======== ENTRIES PROVIDED ========
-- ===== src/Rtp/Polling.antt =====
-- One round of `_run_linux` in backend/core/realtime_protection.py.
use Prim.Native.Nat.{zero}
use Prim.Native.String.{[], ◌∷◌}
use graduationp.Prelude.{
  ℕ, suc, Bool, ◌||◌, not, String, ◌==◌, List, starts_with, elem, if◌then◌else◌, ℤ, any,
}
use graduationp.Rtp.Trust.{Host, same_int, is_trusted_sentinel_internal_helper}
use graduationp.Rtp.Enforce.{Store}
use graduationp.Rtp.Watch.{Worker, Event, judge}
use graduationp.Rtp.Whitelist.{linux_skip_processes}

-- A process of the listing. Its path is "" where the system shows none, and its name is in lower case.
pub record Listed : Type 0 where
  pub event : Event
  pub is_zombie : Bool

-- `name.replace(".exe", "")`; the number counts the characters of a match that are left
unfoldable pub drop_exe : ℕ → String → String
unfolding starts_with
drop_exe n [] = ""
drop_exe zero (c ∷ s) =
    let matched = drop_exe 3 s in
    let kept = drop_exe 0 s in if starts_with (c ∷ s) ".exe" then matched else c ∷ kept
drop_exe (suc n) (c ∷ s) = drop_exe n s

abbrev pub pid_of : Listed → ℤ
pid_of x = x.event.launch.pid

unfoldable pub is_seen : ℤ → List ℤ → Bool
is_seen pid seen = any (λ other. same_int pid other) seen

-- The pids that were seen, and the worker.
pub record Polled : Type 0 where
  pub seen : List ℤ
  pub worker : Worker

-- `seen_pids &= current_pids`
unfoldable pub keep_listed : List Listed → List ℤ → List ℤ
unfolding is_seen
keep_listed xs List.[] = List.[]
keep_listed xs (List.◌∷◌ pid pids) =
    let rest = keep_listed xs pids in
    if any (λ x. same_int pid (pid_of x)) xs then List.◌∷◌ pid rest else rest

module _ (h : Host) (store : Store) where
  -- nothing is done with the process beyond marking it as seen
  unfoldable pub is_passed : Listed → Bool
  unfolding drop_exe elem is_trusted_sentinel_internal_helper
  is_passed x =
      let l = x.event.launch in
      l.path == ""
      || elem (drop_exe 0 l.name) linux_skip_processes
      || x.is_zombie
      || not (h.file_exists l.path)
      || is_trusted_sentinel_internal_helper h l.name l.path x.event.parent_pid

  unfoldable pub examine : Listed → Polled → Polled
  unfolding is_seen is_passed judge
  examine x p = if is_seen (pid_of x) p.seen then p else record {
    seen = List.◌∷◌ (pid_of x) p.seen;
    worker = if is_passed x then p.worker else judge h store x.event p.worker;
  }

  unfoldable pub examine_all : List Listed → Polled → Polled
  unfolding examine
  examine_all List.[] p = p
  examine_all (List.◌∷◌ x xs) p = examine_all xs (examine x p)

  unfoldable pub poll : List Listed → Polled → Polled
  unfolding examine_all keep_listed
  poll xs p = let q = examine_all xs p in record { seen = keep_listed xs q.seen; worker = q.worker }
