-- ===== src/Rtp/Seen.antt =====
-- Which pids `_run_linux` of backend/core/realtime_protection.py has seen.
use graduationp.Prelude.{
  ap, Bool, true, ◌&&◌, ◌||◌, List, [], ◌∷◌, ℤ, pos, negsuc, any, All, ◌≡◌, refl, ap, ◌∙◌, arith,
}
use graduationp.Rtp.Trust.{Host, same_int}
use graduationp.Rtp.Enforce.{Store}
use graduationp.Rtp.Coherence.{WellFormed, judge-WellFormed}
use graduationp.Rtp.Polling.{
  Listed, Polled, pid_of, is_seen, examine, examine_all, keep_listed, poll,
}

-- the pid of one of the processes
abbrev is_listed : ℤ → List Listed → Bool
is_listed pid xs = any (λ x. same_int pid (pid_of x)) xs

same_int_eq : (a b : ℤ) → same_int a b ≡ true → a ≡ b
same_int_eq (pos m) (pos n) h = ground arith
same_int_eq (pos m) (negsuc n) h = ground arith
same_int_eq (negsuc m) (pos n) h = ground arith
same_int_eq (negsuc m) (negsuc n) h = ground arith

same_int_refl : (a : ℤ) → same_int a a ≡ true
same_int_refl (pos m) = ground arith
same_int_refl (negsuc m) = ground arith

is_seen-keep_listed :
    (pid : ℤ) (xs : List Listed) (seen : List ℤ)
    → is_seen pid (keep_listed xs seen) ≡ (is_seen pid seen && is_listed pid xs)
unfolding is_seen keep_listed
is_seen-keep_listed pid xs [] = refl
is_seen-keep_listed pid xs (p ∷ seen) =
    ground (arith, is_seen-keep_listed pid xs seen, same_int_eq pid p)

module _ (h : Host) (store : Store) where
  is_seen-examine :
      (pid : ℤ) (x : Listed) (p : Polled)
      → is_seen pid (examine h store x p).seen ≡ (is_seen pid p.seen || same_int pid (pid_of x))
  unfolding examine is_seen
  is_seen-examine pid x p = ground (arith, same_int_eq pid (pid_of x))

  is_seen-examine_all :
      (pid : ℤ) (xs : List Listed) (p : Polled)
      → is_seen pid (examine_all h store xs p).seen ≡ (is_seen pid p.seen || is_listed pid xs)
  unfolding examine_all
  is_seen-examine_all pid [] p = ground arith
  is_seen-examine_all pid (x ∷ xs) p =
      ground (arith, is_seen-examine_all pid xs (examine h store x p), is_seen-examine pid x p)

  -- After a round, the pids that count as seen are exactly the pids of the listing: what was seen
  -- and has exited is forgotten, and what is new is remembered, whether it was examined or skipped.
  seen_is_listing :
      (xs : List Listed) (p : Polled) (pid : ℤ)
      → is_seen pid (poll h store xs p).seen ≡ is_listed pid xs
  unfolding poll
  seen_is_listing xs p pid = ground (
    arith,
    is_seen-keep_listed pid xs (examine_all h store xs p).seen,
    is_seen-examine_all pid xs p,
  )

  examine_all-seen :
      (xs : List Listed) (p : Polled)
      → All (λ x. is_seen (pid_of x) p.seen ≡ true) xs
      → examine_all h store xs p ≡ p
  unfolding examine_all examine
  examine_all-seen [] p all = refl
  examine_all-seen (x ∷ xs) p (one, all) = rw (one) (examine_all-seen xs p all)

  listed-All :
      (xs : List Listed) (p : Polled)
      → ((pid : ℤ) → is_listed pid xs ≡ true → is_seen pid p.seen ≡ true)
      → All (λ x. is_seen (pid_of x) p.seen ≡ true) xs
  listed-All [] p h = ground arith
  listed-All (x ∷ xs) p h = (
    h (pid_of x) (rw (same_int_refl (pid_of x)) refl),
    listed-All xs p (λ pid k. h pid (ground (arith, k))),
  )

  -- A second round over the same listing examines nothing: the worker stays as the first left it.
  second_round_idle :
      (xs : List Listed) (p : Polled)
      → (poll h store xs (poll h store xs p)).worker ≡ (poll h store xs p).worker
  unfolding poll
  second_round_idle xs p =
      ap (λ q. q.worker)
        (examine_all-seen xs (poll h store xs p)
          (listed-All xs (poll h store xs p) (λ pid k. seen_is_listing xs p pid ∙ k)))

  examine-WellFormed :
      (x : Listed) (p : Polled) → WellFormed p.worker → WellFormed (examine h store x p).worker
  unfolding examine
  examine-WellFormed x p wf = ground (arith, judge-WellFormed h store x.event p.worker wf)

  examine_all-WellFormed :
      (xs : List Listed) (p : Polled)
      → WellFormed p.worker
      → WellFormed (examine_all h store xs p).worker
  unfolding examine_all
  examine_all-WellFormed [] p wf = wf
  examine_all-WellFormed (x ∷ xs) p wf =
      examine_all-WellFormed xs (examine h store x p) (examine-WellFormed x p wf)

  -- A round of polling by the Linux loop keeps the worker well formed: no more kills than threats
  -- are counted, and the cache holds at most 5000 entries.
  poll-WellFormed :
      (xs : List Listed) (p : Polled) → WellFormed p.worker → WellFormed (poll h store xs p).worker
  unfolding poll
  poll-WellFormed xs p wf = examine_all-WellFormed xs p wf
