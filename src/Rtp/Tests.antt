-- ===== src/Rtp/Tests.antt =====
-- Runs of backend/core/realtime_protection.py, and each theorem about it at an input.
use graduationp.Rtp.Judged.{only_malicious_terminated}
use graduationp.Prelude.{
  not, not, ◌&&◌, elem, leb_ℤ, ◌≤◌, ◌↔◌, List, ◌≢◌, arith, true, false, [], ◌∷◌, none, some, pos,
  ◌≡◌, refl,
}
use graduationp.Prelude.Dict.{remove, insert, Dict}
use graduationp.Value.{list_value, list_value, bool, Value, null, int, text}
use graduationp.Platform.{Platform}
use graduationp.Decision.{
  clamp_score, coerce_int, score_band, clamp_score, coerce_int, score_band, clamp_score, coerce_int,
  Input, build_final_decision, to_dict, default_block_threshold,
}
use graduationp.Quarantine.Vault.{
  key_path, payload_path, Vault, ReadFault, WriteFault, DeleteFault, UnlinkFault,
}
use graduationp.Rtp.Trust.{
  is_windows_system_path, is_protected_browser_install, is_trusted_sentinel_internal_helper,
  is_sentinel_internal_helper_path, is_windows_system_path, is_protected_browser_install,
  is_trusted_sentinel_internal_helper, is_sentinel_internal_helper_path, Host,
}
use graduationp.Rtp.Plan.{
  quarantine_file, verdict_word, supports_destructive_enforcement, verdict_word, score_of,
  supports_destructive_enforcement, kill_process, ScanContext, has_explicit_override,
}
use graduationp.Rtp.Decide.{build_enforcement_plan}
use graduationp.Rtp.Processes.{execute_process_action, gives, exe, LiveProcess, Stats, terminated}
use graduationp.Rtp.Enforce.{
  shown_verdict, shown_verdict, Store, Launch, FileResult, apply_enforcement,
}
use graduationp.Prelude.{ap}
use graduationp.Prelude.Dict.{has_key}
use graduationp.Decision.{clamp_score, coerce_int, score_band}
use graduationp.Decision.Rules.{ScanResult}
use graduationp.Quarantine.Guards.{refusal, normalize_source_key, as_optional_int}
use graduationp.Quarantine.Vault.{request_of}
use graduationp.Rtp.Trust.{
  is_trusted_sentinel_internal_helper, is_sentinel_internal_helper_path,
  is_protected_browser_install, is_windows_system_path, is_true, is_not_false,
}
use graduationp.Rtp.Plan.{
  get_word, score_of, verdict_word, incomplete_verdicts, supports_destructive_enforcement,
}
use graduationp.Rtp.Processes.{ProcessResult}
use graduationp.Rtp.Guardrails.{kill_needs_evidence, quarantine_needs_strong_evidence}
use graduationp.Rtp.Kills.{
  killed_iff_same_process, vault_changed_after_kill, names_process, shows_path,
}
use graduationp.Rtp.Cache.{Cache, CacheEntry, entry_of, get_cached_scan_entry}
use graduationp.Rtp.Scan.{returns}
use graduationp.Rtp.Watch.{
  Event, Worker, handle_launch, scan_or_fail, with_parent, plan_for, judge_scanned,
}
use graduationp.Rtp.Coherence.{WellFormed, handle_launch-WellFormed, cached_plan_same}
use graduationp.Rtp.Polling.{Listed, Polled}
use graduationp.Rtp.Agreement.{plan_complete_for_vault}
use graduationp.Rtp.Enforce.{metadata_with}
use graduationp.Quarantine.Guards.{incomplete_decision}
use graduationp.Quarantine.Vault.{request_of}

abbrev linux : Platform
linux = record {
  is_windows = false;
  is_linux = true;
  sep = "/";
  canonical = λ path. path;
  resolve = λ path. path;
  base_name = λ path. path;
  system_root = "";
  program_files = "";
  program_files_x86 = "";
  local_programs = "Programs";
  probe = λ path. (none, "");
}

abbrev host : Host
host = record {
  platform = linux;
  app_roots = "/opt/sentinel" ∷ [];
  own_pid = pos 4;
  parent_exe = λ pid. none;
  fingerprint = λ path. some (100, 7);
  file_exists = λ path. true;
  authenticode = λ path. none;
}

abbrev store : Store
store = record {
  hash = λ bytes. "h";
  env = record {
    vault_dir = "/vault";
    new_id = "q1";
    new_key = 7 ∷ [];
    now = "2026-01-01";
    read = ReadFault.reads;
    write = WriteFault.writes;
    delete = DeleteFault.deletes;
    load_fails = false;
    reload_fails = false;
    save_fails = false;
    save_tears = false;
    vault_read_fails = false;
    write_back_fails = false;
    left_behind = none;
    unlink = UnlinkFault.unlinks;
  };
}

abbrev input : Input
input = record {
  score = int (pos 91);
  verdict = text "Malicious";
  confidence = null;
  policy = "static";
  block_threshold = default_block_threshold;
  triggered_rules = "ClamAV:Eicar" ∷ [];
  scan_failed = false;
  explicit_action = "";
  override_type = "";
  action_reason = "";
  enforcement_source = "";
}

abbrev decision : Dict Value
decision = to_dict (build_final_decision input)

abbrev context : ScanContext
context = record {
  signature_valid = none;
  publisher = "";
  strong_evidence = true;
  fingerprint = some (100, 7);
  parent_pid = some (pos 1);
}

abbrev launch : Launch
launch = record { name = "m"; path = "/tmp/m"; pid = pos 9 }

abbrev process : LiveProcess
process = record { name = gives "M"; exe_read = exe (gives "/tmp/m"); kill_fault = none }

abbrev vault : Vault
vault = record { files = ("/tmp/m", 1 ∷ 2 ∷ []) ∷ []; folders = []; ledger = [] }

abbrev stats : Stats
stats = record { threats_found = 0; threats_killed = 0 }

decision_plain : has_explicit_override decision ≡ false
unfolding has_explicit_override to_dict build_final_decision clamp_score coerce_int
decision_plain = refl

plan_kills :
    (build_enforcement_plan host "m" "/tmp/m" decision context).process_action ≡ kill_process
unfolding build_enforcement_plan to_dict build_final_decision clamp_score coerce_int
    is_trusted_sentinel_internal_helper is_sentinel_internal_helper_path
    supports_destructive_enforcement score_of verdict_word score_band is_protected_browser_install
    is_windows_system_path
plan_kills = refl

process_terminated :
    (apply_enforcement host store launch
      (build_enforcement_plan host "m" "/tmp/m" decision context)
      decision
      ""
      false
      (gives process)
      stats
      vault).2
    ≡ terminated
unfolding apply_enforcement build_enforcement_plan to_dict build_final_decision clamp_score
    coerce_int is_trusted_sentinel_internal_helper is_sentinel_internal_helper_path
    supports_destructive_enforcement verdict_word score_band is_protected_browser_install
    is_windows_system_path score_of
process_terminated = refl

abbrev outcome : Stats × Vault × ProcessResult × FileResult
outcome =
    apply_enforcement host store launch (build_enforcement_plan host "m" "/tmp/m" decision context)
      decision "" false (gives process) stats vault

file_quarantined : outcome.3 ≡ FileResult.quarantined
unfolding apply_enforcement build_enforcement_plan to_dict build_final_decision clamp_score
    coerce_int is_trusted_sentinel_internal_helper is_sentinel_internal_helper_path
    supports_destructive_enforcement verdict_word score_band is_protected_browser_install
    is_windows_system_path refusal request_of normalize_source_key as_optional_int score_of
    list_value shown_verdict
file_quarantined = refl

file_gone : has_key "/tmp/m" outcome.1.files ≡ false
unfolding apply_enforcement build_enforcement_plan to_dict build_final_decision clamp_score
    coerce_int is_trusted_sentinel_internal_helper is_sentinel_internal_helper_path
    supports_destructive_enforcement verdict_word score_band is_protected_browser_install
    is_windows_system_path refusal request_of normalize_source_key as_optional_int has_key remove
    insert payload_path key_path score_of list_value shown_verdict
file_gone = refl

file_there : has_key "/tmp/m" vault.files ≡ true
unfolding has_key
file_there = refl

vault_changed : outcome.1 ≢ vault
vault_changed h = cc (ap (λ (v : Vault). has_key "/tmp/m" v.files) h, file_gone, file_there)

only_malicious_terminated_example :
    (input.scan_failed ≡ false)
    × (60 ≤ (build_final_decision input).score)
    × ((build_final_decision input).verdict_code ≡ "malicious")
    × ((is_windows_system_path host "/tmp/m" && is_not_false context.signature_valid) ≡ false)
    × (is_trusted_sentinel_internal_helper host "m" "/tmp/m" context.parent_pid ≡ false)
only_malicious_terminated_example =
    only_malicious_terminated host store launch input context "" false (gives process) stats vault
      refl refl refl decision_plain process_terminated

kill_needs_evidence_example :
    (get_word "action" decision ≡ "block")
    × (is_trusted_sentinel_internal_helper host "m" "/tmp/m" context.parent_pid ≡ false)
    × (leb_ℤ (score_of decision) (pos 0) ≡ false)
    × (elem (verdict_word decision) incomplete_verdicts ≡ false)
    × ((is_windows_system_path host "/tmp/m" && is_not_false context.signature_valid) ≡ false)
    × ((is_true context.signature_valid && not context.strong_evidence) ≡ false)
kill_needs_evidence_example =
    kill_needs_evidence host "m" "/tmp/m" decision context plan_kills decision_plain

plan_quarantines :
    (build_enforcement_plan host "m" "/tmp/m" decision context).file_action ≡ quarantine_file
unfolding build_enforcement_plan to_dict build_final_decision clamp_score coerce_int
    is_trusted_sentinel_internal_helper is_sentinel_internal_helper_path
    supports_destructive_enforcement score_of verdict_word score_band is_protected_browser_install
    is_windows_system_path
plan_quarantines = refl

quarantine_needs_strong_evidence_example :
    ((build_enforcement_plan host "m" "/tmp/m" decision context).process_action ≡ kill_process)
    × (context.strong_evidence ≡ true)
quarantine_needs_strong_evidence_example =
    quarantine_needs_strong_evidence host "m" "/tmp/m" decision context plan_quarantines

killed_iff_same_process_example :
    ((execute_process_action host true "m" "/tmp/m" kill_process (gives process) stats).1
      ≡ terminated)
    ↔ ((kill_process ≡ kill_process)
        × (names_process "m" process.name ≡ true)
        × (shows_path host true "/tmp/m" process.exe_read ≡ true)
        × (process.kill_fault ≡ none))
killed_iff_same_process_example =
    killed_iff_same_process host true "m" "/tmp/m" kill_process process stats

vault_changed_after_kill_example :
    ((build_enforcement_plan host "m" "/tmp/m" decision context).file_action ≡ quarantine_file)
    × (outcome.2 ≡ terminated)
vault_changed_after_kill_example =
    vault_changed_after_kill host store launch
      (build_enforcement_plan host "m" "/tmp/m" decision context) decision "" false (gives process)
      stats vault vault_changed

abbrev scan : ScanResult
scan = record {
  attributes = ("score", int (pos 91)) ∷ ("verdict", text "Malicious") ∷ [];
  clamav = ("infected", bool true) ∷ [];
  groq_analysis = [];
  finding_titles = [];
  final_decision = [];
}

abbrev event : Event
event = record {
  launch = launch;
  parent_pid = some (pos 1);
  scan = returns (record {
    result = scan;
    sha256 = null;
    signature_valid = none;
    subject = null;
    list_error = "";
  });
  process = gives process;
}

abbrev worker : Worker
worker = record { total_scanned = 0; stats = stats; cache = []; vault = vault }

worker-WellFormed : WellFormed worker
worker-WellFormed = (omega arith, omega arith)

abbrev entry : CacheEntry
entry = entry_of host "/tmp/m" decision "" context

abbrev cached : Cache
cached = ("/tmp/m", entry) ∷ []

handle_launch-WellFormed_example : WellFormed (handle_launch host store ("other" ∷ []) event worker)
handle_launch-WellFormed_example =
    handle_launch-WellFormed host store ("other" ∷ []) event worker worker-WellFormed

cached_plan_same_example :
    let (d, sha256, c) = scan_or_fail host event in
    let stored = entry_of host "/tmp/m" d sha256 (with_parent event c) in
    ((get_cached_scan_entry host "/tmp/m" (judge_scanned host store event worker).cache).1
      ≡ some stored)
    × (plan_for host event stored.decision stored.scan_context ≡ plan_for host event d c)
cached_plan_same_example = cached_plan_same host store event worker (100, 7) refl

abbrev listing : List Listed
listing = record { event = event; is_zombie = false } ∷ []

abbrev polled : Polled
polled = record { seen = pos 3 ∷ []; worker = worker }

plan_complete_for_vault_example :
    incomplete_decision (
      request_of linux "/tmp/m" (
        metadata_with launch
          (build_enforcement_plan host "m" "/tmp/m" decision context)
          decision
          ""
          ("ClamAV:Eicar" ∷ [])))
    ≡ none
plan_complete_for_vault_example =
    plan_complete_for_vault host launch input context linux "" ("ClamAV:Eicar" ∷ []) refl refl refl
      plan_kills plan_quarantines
========
PROBLEM REQUIREMENTS:
Could you set down, exactly as written, the lines above between the one holding "file_gone = refl" and the one holding "(input.scan_failed ≡ false)", inclusive, and nothing more?

RESPONSE:
file_gone = refl

file_there : has_key "/tmp/m" vault.files ≡ true
unfolding has_key
file_there = refl

vault_changed : outcome.1 ≢ vault
vault_changed h = cc (ap (λ (v : Vault). has_key "/tmp/m" v.files) h, file_gone, file_there)

only_malicious_terminated_example :
    (input.scan_failed ≡ false)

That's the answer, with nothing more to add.